No significant differences in age and sex emerged between T2DM and control subjects (age, p=0.06; sex, p=0.92). However, BMI was significantly increased in T2DM adults (p<0.001). Multiple brain areas showed reduced gray matter volumes in uncontrolled T2DM adults at baseline compared to control subjects (Fig.1), including the caudate (a, c), insular cortices (b, d), anterior cingulate (e, j), cerebellum (f, i), hippocampus (g, h), and prefrontal cortices (k). Similar regions showed gray matter volume loss in controlled T2DM adults at baseline with less wide-spread areas compared to control subjects (Fig. 2). Gray matter volume reduction continued at 6 months follow-up in uncontrolled T2DM patients compared with their baseline (Fig. 3) at several selected brain sites, including the prefrontal cortices (a), caudate (b), hippocampus (c), anterior cingulate (d), and putamen (e).

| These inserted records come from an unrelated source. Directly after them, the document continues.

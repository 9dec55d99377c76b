-- ===== src/Modbus/Crc/Reference.antt =====
-- The checksum that the protocol defines, CRC-16/MODBUS, bit by bit: the reflected polynomial
-- 0xA001 and the initial value 0xFFFF. The tables of `Modbus::crc` are checked against it.
use Prim.Native.Nat.{bit_xor}
use fiware_io_tagent_cpluspl.Common.{
  ℕ, zero, suc, ◌+◌, ◌*◌, ◌/◌, ◌%◌, ◌^◌, ◌<◌, ◌≡◌, refl, sym, ap, ◌∙◌, true, ◌&&◌, List, [], ◌∷◌,
  arith, ◌==◌, if◌then◌else◌, get_or, All, ltb, all_below, all_below-holds,
}
use fiware_io_tagent_cpluspl.Common.Bits.{
  bit_xor-mod, bit_xor-div, bit_xor_comm, bit_xor_assoc, bit_xor_self, bit_xor_byte, bit_xor-lt,
  zero-bit_xor,
}
use fiware_io_tagent_cpluspl.Modbus.Crc.{
  table_crc_hi, table_crc_lo, Register, crc_round, crc_loop, crc,
}

-- One bit of the division.
pub shift : ℕ → ℕ
shift x = if x % 2 == 1 then bit_xor (x / 2) 0xA001 else x / 2

pub shifts : ℕ → ℕ → ℕ
shifts zero x = x
shifts (suc n) x = shifts n (shift x)

-- A byte enters at the low end of the register, and is shifted through.
pub reference_loop : ℕ → List ℕ → ℕ
reference_loop x [] = x
reference_loop x (b ∷ frame) = reference_loop (shifts 8 (bit_xor x b)) frame

unfoldable pub reference : List ℕ → ℕ
reference frame = reference_loop 0xFFFF frame

-- The shift is linear, and undoes a doubling.
xor_swap : (a b c : ℕ) → bit_xor (bit_xor a b) c ≡ bit_xor (bit_xor a c) b
xor_swap a b c = bit_xor_assoc a b c ∙ ap (bit_xor a) (bit_xor_comm b c) ∙ sym (bit_xor_assoc a c b)

xor_masks : (a b c : ℕ) → bit_xor (bit_xor a c) (bit_xor b c) ≡ bit_xor a b
xor_masks a b c =
    bit_xor_assoc a c (bit_xor b c)
    ∙ ap (bit_xor a) (
        ap (bit_xor c) (bit_xor_comm b c)
        ∙ sym (bit_xor_assoc c c b)
        ∙ ap (λ t. bit_xor t b) (bit_xor_self c)
        ∙ zero-bit_xor b)

shift-bit_xor : (x y : ℕ) → shift (bit_xor x y) ≡ bit_xor (shift x) (shift y)
unfolding shift
shift-bit_xor x y = ground (
  arith,
  bit_xor-mod x y,
  bit_xor-div x y,
  xor_masks (x / 2) (y / 2) 0xA001,
  xor_swap (x / 2) 0xA001 (y / 2),
  bit_xor_assoc (x / 2) (y / 2) 0xA001,
)

shifts-bit_xor : (n x y : ℕ) → shifts n (bit_xor x y) ≡ bit_xor (shifts n x) (shifts n y)
unfolding shifts
shifts-bit_xor zero x y = refl
shifts-bit_xor (suc n) x y =
    ap (shifts n) (shift-bit_xor x y) ∙ shifts-bit_xor n (shift x) (shift y)

shift_double : (x : ℕ) → shift (x * 2) ≡ x
unfolding shift
shift_double x = ground arith

shifts_high : (h : ℕ) → shifts 8 (h * 256) ≡ h
unfolding shifts
shifts_high h =
    let doubled : h * 256 ≡ h * 2 * 2 * 2 * 2 * 2 * 2 * 2 * 2 = omega arith in
    rw doubled (simp shift_double)

-- The check of the two tables, entry by entry.
abbrev entry_hi : ℕ → ℕ
entry_hi i = get_or table_crc_hi i 0

abbrev entry_lo : ℕ → ℕ
entry_lo i = get_or table_crc_lo i 0

entries_checked :
    all_below 256 (λ i.
      (shifts 8 i == entry_lo i * 256 + entry_hi i)
      && (ltb (entry_lo i) 256 && ltb (entry_hi i) 256))
    ≡ true
unfolding all_below shifts shift table_crc_hi table_crc_lo
entries_checked = refl

entry_lem :
    (i : ℕ)
    → i < 256
    → (shifts 8 i ≡ entry_lo i * 256 + entry_hi i) × (entry_lo i < 256) × (entry_hi i < 256)
entry_lem i h = ground (arith, all_below-holds _ i 256 h entries_checked)

-- The 16-bit register of the reference: the code's `crc_hi` is its low byte.
abbrev value : Register → ℕ
value r = r.lo * 256 + r.hi

abbrev pub IsByte : ℕ → Type 0
IsByte b = b < 256

abbrev pub IsRegister : Register → Type 0
IsRegister r = (r.hi < 256) × (r.lo < 256)

value_fields : (r : Register) → r.hi < 256 → value r ≡ bit_xor (r.lo * 256) r.hi
value_fields r h = sym (bit_xor_byte r.lo r.hi h)

pub crc_round-IsRegister :
    (r : Register) (b : ℕ) → IsRegister r → b < 256 → IsRegister (crc_round r b)
unfolding crc_round
crc_round-IsRegister r b h hb =
    let e = entry_lem (bit_xor r.hi b) (bit_xor-lt 8 r.hi b h.0 hb) in
    (bit_xor-lt 8 r.lo (entry_hi (bit_xor r.hi b)) h.1 e.2, e.1)

crc_round_lem :
    (r : Register) (b : ℕ)
    → IsRegister r
    → b < 256
    → value (crc_round r b) ≡ shifts 8 (bit_xor (value r) b)
unfolding crc_round
crc_round_lem r b h hb =
    let i = bit_xor r.hi b in
    let small : i < 256 = bit_xor-lt 8 r.hi b h.0 hb in
    let e = entry_lem i small in
    sym (
      ap (λ t. shifts 8 (bit_xor t b)) (value_fields r h.0)
      ∙ ap (shifts 8) (bit_xor_assoc (r.lo * 256) r.hi b)
      ∙ shifts-bit_xor 8 (r.lo * 256) i
      ∙ ap (λ t. bit_xor t (shifts 8 i)) (shifts_high r.lo)
      ∙ ap (bit_xor r.lo) (e.0 ∙ sym (bit_xor_byte (entry_lo i) (entry_hi i) e.2))
      ∙ sym (bit_xor_assoc r.lo (entry_lo i * 256) (entry_hi i))
      ∙ ap (λ t. bit_xor t (entry_hi i)) (bit_xor_comm r.lo (entry_lo i * 256))
      ∙ bit_xor_assoc (entry_lo i * 256) r.lo (entry_hi i)
      ∙ bit_xor_byte (entry_lo i) (bit_xor r.lo (entry_hi i))
          (bit_xor-lt 8 r.lo (entry_hi i) h.1 e.2))

crc_loop_lem :
    (r : Register) (frame : List ℕ)
    → IsRegister r
    → All IsByte frame
    → (value (crc_loop r frame) ≡ reference_loop (value r) frame) × IsRegister (crc_loop r frame)
unfolding crc_loop reference_loop
crc_loop_lem r [] h hf = (refl, h)
crc_loop_lem r (b ∷ frame) h hf =
    let rest = crc_loop_lem (crc_round r b) frame (crc_round-IsRegister r b h hf.0) hf.1 in
    (rest.0 ∙ ap (λ t. reference_loop t frame) (crc_round_lem r b h hf.0), rest.1)

-- The two bytes of a 16-bit word change places: the protocol sends the low byte first.
abbrev pub swap_bytes : ℕ → ℕ
swap_bytes x = x % 256 * 256 + x / 256

-- For every frame of bytes the table-driven `Modbus::crc` is the bitwise CRC-16/MODBUS with its
-- two bytes exchanged, and is a 16-bit word.
pub crc-reference :
    (frame : List ℕ)
    → All IsByte frame
    → (crc frame ≡ swap_bytes (reference frame)) × (crc frame < 2 ^ 16)
unfolding crc reference
crc-reference frame h =
    let r = crc_loop_lem (record { hi = 0xFF; lo = 0xFF }) frame (omega arith) h in
    (omega arith, omega arith)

However, limited sites, including prefrontal cortices showed reduced gray matter volumes at 6 months in controlled T2DM adults over baseline.

Discussion

Uncontrolled T2DM patients showed significant widespread gray matter volume loss over controlled T2DM adults in areas that are involved in depression, anxiety, and cognition regulation. Accelerated progression of brain volume loss was observed in uncontrolled T2DM patients at 6- months at several crucial brain sites, which may result from underlying metabolic dysfunction associated with the condition.

Conclusion

T2DM adults with uncontrolled glucose levels may be at increased risk of extensive gray matter volume loss in critical brain areas that are involved in cognition and mood control. The findings indicate the need for optimal glucose management in T2DM adults. High-resolution T1-weighted imaging and VBM procedures may be promising tools to examine such changes in the condition.

Acknowledgements

This work was supported by National Institutes of Health R01 NR017190 and 3R01NR017190-03S1.